Dear Colleagues,

I see a significant asymmetry between read1 (antisense) and read2 (sense) counts mapped to genes by STAR. I have a couple of different questions regarding to this. The answers depend on what exactly STAR is doing when aligning stranded data.

Question 1: Which is correct, A, B, or C?

A. When mapping stranded reads to the genome STAR maps both read1 and read2 to each strand of a gene, just keeping track of what mapped to what strand. This implies that there should be equal (or at least very similar) counts of read1 and read2 mapped to each gene. Both reads reflect the frequency of a transcript and the sum of the two should be used as a measure of transcript abundance.

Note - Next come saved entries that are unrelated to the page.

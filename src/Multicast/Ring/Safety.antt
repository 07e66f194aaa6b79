-- ===== src/Multicast/Ring/Safety.antt =====
-- Whatever way the threads of MulticastReceiver.h's mock mode interleave, the parser gets the
-- blocks of the file in order, and the threads never stand in one frame.
use marketdatabook.Common.{ℕ, ◌+◌, ◌<◌, ◌≤◌, ◌≡◌, ◌≢◌, refl, arith, sym, ap, ap₂, ◌∙◌}
use marketdatabook.Common.{List, [], ◌∷◌, ◌++◌, length, append_assoc}
use marketdatabook.Common.{length-snoc}
use marketdatabook.Common.Bytes.{Bytes}
use marketdatabook.Multicast.Ring.{Mock, Simulator, Poller, Step, Reach, kernel}
use marketdatabook.Multicast.Ring.{
  see_kernel, fill, publish, see_user, parse, return_frame, count_packet, here, next,
}
use marketdatabook.Multicast.Ring.{Ring, rx_frame_size, rx_frame_nr, with_status}
use marketdatabook.Multicast.Ring.Held.{
  IsRing, IsBlock, slot, room-lt, held-ne_nil, fill_frame-IsRing,
}
use marketdatabook.Multicast.Ring.Held.{
  publish-IsRing, return-IsRing, frame_payload-block, with_status-IsBlock,
}

abbrev pub IsCons : List Bytes → Type 0
IsCons xs = (x : Bytes) × (rest : List Bytes) × (xs ≡ x ∷ rest)

module _ (header_size : ℕ) where
  -- The blocks fit a frame behind its header.
  abbrev pub Fit : List Bytes → Type 0
  Fit [] = Unit
  Fit (x ∷ xs) = (header_size + length x ≤ rx_frame_size) × Fit xs

  abbrev pub SimulatorKnows : Simulator → Ring → ℕ → List Bytes → List Bytes → Type 0
  SimulatorKnows Simulator.waiting r idx held left = Unit
  SimulatorKnows Simulator.filling r idx held left = (length held < rx_frame_nr) × IsCons left
  SimulatorKnows Simulator.publishing r idx held left =
      (length held < rx_frame_nr)
      × IsCons left
      × ((x : Bytes) (rest : List Bytes) → left ≡ x ∷ rest → IsBlock header_size r idx x)

  -- Of the held blocks the first may have been parsed.
  abbrev pub PollerKnows : Poller → List Bytes → List Bytes → List Bytes → Type 0
  PollerKnows Poller.waiting before held parsed = parsed ≡ before
  PollerKnows Poller.parsing before held parsed = (parsed ≡ before) × IsCons held
  PollerKnows Poller.returning before held parsed =
      (x : Bytes) × (rest : List Bytes) × (held ≡ x ∷ rest) × (parsed ≡ before ++ x ∷ [])
  PollerKnows Poller.counting before held parsed = parsed ≡ before

  pub record IsSafe (blocks : List Bytes) (t : Mock) : Type 0 where
    pub before : List Bytes
    pub held : List Bytes
    pub frames : IsRing header_size t.ring t.curr_frame_idx held
    pub at : t.frame_idx ≡ slot t.curr_frame_idx (length held)
    pub history : blocks ≡ before ++ (held ++ t.left)
    pub left_fit : Fit t.left
    pub simulator_knows : SimulatorKnows t.simulator t.ring t.frame_idx held t.left
    pub poller_knows : PollerKnows t.poller before held t.parsed

  -- The poller's view survives a block that is added behind the others.
  publish-poller :
      (p : Poller) (before held parsed : List Bytes) (x : Bytes)
      → PollerKnows p before held parsed
      → PollerKnows p before (held ++ x ∷ []) parsed
  publish-poller Poller.waiting before held parsed x h = h
  publish-poller Poller.counting before held parsed x h = h
  publish-poller Poller.parsing before held parsed x (h, (y, rest, e)) =
      (h, (y, rest ++ x ∷ [], ap (λ xs. xs ++ x ∷ []) e))
  publish-poller Poller.returning before held parsed x (y, rest, e, h) =
      (y, rest ++ x ∷ [], ap (λ xs. xs ++ x ∷ []) e, h)

  return-simulator :
      (s : Simulator) (r : Ring) (idx first : ℕ) (x : Bytes) (rest left : List Bytes)
      → SimulatorKnows s r idx (x ∷ rest) left
      → SimulatorKnows s (with_status r first kernel) idx rest left
  return-simulator Simulator.waiting r idx first x rest left h = tt
  return-simulator Simulator.filling r idx first x rest left (h, some_left) =
      (omega arith, some_left)
  return-simulator Simulator.publishing r idx first x rest left (h, some_left, block) = (
    omega arith,
    some_left,
    λ y ys e. with_status-IsBlock header_size r idx first kernel y (block y ys e),
  )

  first_block :
      {r : Ring} {first : ℕ} {held : List Bytes} {x : Bytes} {rest : List Bytes}
      → IsRing header_size r first held
      → held ≡ x ∷ rest
      → IsBlock header_size r first x
  first_block {r} {first} {held} {x} {rest} v e =
      let place : slot first 0 ≡ first = omega (arith, v.in_range) in
      rw (place) at (v.taken 0 x (rw (e) refl)).1

  first_same :
      {xs : List Bytes} {x y : Bytes} {ys zs : List Bytes} → xs ≡ y ∷ ys → xs ≡ x ∷ zs → x ≡ y
  first_same e e' = cc

  Step-IsSafe :
      {blocks : List Bytes} {t u : Mock} → Step header_size t u → IsSafe blocks t → IsSafe blocks u
  Step-IsSafe (see_kernel t block rest at_loop some_left free) s = record {
    before = s.before;
    held = s.held;
    frames = s.frames;
    at = s.at;
    history = s.history;
    left_fit = s.left_fit;
    simulator_knows = (room-lt header_size s.frames (rw (s.at) at free), (block, rest, some_left));
    poller_knows = s.poller_knows;
  }
  Step-IsSafe (fill t block rest filling some_left) s =
      let (room, _) = rw (filling) at s.simulator_knows in
      let (fits, _) = rw (some_left) at s.left_fit in
      let (frames, filled) = fill_frame-IsRing header_size s.frames block room fits in
      record {
        before = s.before;
        held = s.held;
        frames = rw (s.at) frames;
        at = s.at;
        history = s.history;
        left_fit = s.left_fit;
        simulator_knows =
            (room, (block, rest, some_left), λ x xs e. rw (s.at, first_same some_left e) filled);
        poller_knows = s.poller_knows;
      }
  Step-IsSafe (publish t block rest publishing some_left) s =
      let (room, _, filled) = rw (publishing) at s.simulator_knows in
      let (_, fit) = rw (some_left) at s.left_fit in
      record {
        before = s.before;
        held = s.held ++ block ∷ [];
        frames = rw (s.at) (
            publish-IsRing header_size s.frames block room
              (rw (← s.at) (filled block rest some_left)));
        at = omega (arith, s.at, length-snoc s.held block);
        history =
            rw (s.history, some_left)
              (ap (λ xs. s.before ++ xs) (sym (append_assoc s.held (block ∷ []) rest)));
        left_fit = fit;
        simulator_knows = tt;
        poller_knows = publish-poller t.poller s.before s.held t.parsed block s.poller_knows;
      }
  Step-IsSafe (see_user t at_loop used) s = record {
    before = s.before;
    held = s.held;
    frames = s.frames;
    at = s.at;
    history = s.history;
    left_fit = s.left_fit;
    simulator_knows = s.simulator_knows;
    poller_knows = (rw (at_loop) at s.poller_knows, held-ne_nil header_size s.frames used);
  }
  Step-IsSafe (parse t parsing) s =
      let (done_before, (x, rest, e)) = rw (parsing) at s.poller_knows in
      record {
        before = s.before;
        held = s.held;
        frames = s.frames;
        at = s.at;
        history = s.history;
        left_fit = s.left_fit;
        simulator_knows = s.simulator_knows;
        poller_knows = (
          x,
          rest,
          e,
          ap₂ (λ xs y. xs ++ y ∷ []) done_before
              (frame_payload-block header_size t.ring t.curr_frame_idx x (first_block s.frames e)),
        );
      }
  Step-IsSafe (return_frame t returning) s =
      let (x, rest, e, parsed) = rw (returning) at s.poller_knows in
      record {
        before = s.before ++ x ∷ [];
        held = rest;
        frames = return-IsRing header_size (rw (e) at s.frames);
        at = omega (arith, s.at, ap length e);
        history = rw (s.history, e) (sym (append_assoc s.before (x ∷ []) (rest ++ t.left)));
        left_fit = s.left_fit;
        simulator_knows =
            return-simulator t.simulator t.ring t.frame_idx t.curr_frame_idx x rest t.left
              (rw (e) at s.simulator_knows);
        poller_knows = parsed;
      }
  Step-IsSafe (count_packet t counting) s = record {
    before = s.before;
    held = s.held;
    frames = s.frames;
    at = s.at;
    history = s.history;
    left_fit = s.left_fit;
    simulator_knows = s.simulator_knows;
    poller_knows = rw (counting) at s.poller_knows;
  }

  pub Reach-IsSafe :
      {blocks : List Bytes} {t : Mock} → Fit blocks → Reach header_size blocks t → IsSafe blocks t
  Reach-IsSafe {blocks} fit here = record {
    before = [];
    held = [];
    frames = record {
      in_range = omega arith;
      room = omega arith;
      taken = λ j x e. absurd (cc);
      free = λ j lo hi. refl;
    };
    at = refl;
    history = refl;
    left_fit = fit;
    simulator_knows = tt;
    poller_knows = refl;
  }
  Reach-IsSafe fit (next r step) = Step-IsSafe step (Reach-IsSafe fit r)

  poller_seen :
      (p : Poller) (before held parsed rest : List Bytes)
      → PollerKnows p before held parsed
      → (ahead : List Bytes) × (before ++ (held ++ rest) ≡ parsed ++ ahead)
  poller_seen Poller.waiting before held parsed rest h = (held ++ rest, rw (h) refl)
  poller_seen Poller.counting before held parsed rest h = (held ++ rest, rw (h) refl)
  poller_seen Poller.parsing before held parsed rest (h, _) = (held ++ rest, rw (h) refl)
  poller_seen Poller.returning before held parsed rest (x, xs, e, h) =
      (xs ++ rest, rw (e, h) (sym (append_assoc before (x ∷ []) (xs ++ rest))))

  -- Whatever way the threads interleave, the blocks that were parsed are the first of the file,
  -- whole and in order, where each block of the file fits a frame behind its header.
  pub parsed_lem :
      {blocks : List Bytes} {t : Mock}
      → Fit blocks
      → Reach header_size blocks t
      → (ahead : List Bytes) × (blocks ≡ t.parsed ++ ahead)
  parsed_lem fit r =
      let s = Reach-IsSafe fit r in
      let (ahead, e) = poller_seen _ s.before s.held _ _ s.poller_knows in (ahead, s.history ∙ e)

  -- While one thread writes a frame and the other parses one, they are at different frames, where
  -- each block of the file fits a frame behind its header.
  pub frame_idx-ne :
      {blocks : List Bytes} {t : Mock}
      → Fit blocks
      → Reach header_size blocks t
      → t.simulator ≡ Simulator.filling
      → t.poller ≡ Poller.parsing
      → t.frame_idx ≢ t.curr_frame_idx
  frame_idx-ne fit r filling parsing same =
      let s = Reach-IsSafe fit r in
      let (room, _) = rw (filling) at s.simulator_knows in
      let (_, (x, rest, e)) = rw (parsing) at s.poller_knows in
      omega (arith, s.at, same, room, ap length e, s.frames.in_range)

B. When mapping stranded reads to the genome STAR takes into account the orientation of each gene and maps read1 to the antisense strand only and read2 to the sense strand only. This means that read2 should map in larger numbers (assuming, as it should be, transcription from only one strand) and only read2 (reverse read, identical to sense strand and to RNA) count should be used as a measure of transcription level. (And read1 is a measure of antisense transcription rate).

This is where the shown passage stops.